#### [TASK REQUIREMENTS]
Lines holding the word "gone" are the ones to copy from the data below.

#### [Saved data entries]
Segment Open

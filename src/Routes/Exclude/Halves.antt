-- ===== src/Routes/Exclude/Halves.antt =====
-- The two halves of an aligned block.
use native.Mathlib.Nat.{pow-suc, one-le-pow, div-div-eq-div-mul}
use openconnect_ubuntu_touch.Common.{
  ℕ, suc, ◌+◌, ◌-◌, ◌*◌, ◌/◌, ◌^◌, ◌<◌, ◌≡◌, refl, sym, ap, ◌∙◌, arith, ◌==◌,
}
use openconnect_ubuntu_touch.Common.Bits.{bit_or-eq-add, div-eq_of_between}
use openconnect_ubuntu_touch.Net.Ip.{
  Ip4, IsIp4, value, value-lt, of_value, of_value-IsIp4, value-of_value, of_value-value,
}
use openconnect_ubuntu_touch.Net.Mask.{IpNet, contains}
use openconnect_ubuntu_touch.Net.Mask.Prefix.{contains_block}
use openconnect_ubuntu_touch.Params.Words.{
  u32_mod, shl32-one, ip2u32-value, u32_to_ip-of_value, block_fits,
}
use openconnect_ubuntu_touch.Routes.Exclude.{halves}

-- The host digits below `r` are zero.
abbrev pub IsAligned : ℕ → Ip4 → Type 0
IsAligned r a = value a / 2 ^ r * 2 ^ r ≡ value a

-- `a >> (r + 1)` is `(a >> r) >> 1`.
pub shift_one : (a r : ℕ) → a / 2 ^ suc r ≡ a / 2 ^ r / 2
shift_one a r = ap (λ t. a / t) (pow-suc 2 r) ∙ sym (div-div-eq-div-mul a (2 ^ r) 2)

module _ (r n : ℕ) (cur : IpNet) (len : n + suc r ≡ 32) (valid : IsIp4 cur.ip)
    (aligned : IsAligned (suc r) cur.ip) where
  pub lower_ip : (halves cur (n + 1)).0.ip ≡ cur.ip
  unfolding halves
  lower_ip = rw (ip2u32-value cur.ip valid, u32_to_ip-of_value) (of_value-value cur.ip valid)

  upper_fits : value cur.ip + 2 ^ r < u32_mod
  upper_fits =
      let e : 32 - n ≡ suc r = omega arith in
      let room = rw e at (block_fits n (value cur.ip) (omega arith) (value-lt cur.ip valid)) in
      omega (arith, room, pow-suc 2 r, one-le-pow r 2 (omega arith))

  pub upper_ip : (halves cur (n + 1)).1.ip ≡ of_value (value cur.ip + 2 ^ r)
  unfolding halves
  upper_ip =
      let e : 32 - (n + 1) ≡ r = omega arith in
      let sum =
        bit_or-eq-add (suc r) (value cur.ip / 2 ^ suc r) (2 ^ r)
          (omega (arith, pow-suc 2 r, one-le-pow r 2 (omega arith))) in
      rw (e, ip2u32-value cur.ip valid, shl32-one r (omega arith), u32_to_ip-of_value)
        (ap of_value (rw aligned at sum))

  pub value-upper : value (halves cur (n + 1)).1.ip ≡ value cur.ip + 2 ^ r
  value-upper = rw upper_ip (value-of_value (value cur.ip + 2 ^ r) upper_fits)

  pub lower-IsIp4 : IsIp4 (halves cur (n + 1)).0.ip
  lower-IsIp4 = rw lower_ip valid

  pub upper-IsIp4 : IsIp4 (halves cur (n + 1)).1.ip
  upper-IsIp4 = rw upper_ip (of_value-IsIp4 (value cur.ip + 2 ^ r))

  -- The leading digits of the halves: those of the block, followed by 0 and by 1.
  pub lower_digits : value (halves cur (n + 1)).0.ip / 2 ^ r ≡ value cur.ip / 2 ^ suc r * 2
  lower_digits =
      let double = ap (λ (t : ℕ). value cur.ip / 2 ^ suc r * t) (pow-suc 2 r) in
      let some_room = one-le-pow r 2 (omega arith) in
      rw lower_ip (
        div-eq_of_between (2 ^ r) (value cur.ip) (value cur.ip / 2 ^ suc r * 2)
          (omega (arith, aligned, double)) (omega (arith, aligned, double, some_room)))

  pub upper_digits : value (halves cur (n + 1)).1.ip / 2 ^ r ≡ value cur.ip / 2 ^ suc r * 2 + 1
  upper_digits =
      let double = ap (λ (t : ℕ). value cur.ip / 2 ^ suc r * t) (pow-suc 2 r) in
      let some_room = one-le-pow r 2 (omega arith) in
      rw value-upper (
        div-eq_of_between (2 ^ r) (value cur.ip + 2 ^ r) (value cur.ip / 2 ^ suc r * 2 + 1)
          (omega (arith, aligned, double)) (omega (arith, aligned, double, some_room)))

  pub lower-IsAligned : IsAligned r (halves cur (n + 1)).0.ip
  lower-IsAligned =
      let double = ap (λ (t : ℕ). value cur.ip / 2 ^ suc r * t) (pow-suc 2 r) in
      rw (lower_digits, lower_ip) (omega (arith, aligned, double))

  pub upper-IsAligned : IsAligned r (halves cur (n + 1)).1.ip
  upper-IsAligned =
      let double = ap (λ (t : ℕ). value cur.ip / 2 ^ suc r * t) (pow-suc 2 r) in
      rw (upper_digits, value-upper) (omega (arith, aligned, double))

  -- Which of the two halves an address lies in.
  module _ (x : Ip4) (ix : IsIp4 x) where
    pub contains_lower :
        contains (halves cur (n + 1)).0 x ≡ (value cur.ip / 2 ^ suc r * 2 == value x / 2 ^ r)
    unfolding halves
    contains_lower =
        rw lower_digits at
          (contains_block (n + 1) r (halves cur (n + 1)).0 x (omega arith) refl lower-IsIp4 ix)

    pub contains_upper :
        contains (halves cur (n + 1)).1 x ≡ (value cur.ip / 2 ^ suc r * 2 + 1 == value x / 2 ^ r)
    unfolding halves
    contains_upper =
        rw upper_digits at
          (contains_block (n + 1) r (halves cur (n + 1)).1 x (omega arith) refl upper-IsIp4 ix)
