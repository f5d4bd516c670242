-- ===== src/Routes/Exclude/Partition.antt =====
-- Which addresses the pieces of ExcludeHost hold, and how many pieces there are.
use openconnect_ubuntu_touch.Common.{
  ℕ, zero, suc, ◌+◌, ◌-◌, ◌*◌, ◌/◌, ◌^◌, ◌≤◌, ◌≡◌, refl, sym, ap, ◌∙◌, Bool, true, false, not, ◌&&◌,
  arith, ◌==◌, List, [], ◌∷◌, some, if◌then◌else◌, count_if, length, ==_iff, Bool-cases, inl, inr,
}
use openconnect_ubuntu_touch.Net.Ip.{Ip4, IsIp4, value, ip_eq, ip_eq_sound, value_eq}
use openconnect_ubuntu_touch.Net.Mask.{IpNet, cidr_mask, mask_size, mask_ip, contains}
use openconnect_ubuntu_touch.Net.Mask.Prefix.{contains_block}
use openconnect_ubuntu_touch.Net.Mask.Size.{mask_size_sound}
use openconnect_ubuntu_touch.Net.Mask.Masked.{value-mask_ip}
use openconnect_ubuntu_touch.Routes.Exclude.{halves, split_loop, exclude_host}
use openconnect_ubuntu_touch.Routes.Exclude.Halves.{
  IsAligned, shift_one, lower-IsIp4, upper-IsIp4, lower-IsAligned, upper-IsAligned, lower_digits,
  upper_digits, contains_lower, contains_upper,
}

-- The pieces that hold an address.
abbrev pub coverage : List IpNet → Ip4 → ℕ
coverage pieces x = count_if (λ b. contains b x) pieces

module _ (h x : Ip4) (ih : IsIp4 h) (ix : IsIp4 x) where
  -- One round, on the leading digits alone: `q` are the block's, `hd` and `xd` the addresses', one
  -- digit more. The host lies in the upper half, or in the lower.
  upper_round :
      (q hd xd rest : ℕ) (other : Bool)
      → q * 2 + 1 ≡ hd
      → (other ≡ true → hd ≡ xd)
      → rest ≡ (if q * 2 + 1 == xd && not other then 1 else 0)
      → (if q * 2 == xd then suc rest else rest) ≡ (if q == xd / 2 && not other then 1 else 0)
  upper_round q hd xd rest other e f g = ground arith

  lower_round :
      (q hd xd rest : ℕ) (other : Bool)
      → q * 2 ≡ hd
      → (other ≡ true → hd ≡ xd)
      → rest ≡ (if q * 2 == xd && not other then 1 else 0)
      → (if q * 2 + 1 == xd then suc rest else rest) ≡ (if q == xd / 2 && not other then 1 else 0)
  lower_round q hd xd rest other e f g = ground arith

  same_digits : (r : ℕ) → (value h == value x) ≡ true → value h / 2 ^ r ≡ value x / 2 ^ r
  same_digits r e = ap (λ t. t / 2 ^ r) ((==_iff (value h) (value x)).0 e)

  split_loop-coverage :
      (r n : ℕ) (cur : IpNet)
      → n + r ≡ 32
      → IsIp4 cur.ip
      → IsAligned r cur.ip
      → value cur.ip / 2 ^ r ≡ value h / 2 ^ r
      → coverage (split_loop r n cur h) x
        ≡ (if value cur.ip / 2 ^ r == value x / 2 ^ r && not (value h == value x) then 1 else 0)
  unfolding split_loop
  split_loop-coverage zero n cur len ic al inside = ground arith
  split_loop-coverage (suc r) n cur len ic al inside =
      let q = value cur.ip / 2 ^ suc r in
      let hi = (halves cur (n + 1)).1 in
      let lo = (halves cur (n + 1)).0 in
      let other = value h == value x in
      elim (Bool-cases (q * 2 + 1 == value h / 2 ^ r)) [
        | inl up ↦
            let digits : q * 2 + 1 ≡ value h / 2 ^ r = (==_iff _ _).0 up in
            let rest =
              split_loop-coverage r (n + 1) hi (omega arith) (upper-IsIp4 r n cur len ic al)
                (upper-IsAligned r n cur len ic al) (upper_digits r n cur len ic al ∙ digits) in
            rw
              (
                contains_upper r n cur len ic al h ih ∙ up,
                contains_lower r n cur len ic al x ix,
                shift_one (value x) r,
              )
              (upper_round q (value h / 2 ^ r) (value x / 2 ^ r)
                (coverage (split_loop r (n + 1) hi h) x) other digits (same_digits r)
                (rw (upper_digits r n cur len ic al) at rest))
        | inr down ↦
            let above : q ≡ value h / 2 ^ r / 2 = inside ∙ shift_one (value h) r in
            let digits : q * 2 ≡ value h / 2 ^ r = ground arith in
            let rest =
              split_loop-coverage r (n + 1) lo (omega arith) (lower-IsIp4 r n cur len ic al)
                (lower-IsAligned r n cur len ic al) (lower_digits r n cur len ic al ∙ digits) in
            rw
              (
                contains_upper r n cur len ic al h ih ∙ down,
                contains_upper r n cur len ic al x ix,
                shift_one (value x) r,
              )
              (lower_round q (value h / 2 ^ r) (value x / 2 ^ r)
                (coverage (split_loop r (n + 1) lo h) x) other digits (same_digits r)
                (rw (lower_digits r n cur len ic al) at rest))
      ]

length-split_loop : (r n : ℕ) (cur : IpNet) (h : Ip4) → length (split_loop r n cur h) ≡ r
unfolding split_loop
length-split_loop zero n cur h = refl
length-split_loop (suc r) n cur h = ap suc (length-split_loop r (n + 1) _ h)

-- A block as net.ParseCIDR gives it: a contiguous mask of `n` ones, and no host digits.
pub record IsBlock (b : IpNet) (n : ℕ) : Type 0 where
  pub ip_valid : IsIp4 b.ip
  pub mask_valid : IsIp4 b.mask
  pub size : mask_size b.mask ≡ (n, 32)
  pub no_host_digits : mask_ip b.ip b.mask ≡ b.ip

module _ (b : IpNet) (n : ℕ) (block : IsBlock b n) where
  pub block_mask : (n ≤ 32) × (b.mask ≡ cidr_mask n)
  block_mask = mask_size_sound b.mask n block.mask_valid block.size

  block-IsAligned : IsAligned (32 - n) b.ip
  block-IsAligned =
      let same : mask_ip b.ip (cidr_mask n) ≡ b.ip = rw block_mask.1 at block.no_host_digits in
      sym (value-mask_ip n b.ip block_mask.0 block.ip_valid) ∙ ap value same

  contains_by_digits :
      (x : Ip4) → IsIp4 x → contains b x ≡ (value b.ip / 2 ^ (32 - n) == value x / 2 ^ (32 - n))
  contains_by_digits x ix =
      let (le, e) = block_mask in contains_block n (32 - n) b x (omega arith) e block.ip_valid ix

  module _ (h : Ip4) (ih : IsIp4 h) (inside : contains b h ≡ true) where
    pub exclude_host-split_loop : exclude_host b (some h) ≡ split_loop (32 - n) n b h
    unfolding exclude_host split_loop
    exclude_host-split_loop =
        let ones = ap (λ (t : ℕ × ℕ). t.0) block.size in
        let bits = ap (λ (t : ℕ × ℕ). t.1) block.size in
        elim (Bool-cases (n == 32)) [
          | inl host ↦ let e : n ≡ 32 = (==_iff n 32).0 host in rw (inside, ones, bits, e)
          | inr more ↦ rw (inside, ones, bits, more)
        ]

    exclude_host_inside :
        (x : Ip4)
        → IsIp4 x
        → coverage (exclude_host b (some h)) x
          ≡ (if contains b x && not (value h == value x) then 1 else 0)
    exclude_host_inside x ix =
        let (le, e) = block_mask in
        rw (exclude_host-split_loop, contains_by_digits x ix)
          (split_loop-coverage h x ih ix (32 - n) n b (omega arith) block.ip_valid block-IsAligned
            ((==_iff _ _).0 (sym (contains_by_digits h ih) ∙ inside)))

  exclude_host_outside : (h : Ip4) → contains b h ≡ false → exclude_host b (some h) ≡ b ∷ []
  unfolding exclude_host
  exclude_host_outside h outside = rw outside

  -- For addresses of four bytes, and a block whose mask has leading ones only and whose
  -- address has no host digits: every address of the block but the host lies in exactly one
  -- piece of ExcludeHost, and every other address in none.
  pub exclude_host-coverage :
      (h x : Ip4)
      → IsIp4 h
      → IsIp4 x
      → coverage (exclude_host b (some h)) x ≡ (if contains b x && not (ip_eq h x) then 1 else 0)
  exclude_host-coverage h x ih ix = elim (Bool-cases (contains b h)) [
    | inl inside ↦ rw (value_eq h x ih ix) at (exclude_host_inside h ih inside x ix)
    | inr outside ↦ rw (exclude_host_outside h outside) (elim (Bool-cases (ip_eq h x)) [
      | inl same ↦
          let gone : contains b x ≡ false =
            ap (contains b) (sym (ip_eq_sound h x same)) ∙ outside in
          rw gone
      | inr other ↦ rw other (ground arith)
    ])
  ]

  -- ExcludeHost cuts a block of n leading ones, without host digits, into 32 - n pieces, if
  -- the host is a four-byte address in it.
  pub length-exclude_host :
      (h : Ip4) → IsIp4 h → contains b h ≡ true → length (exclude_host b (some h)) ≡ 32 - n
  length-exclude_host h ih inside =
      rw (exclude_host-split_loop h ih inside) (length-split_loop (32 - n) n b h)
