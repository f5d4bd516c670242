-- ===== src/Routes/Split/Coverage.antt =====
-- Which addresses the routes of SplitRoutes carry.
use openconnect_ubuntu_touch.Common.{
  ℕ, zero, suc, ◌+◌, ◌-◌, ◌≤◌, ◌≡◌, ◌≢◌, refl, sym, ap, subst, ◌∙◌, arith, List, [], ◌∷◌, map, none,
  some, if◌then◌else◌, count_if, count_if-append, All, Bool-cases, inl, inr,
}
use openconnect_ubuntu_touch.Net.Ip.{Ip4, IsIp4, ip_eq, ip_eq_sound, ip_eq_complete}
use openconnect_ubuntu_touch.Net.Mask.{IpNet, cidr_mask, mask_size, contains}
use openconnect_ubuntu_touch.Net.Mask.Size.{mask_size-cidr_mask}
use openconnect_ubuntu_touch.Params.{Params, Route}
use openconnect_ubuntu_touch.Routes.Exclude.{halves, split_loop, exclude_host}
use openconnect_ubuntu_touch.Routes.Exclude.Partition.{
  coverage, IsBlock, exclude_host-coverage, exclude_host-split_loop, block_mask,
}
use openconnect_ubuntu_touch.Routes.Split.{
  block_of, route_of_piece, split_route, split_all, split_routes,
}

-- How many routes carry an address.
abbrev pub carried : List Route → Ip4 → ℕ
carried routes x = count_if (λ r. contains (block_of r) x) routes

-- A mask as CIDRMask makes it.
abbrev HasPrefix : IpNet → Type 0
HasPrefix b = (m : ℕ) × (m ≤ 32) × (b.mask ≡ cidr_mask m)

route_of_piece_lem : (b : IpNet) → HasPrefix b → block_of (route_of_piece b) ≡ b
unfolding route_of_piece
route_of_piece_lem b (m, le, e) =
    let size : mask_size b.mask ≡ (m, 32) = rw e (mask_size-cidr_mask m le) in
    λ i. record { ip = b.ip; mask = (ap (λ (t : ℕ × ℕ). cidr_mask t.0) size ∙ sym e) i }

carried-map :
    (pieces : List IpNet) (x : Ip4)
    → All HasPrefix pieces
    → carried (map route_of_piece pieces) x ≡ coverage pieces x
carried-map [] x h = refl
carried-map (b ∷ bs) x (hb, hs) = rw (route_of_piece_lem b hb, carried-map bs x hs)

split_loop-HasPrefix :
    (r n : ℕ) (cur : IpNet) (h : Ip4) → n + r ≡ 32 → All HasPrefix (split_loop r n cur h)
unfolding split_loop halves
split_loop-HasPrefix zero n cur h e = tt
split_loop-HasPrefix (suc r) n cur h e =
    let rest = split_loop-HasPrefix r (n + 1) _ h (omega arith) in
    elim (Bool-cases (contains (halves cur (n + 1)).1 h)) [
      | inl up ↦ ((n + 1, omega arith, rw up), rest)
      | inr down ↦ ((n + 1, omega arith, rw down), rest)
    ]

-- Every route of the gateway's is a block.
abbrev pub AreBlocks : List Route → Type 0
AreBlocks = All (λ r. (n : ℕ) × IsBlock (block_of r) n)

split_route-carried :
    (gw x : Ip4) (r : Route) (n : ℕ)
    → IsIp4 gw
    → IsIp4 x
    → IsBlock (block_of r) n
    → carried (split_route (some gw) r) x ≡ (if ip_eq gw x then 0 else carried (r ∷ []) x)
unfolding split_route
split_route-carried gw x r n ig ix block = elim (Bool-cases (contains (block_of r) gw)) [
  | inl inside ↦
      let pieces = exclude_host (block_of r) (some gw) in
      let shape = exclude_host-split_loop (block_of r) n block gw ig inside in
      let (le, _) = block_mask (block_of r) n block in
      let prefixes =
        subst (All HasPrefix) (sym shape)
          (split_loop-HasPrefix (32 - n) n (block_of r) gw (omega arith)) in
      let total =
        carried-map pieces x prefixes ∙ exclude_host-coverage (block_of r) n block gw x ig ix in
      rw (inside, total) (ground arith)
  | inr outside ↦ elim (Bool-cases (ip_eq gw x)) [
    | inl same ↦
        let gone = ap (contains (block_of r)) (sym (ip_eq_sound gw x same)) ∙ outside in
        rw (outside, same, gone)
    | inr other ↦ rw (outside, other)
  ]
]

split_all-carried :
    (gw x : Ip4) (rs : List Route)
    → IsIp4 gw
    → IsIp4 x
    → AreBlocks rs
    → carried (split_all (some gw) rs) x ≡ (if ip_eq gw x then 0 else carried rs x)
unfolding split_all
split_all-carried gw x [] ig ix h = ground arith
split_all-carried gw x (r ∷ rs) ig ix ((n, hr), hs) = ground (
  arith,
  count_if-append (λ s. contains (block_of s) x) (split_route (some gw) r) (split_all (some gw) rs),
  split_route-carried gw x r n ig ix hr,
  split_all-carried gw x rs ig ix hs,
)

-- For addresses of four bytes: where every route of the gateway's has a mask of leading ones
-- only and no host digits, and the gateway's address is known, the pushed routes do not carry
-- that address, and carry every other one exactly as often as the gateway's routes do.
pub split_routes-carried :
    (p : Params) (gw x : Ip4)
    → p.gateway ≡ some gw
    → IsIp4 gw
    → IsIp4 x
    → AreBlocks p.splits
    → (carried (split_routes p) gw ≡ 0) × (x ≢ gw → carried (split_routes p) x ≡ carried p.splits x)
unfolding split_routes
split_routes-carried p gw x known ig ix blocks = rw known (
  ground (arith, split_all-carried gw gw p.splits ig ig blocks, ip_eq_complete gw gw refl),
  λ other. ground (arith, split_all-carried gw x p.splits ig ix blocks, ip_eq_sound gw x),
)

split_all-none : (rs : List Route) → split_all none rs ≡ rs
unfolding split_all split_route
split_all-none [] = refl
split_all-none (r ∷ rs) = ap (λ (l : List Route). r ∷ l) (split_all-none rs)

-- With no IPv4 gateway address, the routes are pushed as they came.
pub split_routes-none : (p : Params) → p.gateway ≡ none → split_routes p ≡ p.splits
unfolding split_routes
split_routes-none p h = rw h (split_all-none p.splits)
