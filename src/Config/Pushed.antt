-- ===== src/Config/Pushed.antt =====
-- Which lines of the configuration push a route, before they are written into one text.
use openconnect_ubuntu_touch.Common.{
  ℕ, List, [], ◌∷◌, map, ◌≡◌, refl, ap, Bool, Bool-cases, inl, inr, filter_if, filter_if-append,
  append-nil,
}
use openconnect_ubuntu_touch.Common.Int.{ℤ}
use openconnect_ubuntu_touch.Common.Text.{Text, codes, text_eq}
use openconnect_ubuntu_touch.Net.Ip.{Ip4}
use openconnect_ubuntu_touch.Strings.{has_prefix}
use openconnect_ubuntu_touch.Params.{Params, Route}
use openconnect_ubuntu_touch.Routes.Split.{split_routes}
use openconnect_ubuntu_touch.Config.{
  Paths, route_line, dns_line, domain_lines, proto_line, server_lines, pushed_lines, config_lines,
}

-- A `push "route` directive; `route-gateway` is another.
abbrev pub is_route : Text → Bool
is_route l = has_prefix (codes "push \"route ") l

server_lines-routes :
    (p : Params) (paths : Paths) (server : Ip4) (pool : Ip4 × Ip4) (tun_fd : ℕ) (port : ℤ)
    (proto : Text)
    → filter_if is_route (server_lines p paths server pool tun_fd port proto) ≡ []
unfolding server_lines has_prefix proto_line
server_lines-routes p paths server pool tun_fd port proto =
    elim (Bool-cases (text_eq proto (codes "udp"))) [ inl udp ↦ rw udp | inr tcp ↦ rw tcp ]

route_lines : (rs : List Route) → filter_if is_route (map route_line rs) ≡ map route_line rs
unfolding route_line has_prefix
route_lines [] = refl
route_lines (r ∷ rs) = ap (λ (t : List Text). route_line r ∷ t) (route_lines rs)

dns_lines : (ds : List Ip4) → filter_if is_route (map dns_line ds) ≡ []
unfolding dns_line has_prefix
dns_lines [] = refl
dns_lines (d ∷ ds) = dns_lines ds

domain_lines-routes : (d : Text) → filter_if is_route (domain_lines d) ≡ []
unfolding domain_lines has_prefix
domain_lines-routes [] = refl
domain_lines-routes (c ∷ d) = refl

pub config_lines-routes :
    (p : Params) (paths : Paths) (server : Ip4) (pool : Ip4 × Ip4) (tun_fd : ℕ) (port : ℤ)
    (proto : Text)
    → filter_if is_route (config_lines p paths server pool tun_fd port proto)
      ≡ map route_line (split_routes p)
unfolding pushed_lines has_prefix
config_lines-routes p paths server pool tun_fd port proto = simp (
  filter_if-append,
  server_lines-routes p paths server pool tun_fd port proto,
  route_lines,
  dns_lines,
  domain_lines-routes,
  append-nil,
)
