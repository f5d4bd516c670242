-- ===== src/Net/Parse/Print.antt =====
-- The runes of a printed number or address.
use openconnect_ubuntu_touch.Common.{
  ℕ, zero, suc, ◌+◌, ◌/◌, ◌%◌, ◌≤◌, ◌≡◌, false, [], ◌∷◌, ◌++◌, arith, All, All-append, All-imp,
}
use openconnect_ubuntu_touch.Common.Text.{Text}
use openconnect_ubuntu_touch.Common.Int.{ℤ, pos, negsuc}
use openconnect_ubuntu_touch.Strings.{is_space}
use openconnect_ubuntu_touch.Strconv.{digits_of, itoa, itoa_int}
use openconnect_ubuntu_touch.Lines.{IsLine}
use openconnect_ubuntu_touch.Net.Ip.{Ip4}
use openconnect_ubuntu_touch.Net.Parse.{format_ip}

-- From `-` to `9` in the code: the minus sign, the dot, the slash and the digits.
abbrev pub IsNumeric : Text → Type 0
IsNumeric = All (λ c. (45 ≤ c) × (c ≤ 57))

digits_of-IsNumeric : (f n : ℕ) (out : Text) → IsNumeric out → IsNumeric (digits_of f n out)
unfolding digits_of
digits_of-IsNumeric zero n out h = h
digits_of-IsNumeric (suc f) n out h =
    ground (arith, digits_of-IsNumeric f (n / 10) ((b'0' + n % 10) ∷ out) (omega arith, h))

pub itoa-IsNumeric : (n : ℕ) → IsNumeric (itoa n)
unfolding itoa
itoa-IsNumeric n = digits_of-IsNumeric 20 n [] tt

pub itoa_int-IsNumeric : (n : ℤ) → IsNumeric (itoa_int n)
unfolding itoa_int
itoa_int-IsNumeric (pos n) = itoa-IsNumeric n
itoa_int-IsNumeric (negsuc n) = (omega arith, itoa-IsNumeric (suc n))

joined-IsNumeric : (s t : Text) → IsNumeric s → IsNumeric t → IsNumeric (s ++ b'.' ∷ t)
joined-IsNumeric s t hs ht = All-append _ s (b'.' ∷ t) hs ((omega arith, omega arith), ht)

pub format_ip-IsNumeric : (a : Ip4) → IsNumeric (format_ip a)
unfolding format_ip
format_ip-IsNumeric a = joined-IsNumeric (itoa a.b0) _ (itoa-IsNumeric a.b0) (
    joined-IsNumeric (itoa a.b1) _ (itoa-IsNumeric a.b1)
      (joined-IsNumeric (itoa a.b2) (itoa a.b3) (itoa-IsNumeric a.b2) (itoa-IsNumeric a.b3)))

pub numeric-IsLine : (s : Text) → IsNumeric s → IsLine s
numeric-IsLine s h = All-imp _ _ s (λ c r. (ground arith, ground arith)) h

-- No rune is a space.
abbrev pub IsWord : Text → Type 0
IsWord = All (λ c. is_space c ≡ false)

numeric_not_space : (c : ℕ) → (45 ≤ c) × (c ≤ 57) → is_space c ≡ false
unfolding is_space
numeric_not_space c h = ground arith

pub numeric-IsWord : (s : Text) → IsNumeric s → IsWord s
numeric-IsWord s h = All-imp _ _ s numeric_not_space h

Segment Closed

#### [ANSWER BELOW]
          let gone : contains b x ≡ false =
          rw gone
        let gone = ap (contains (block_of r)) (sym (ip_eq_sound gw x same)) ∙ outside in
        rw (outside, same, gone)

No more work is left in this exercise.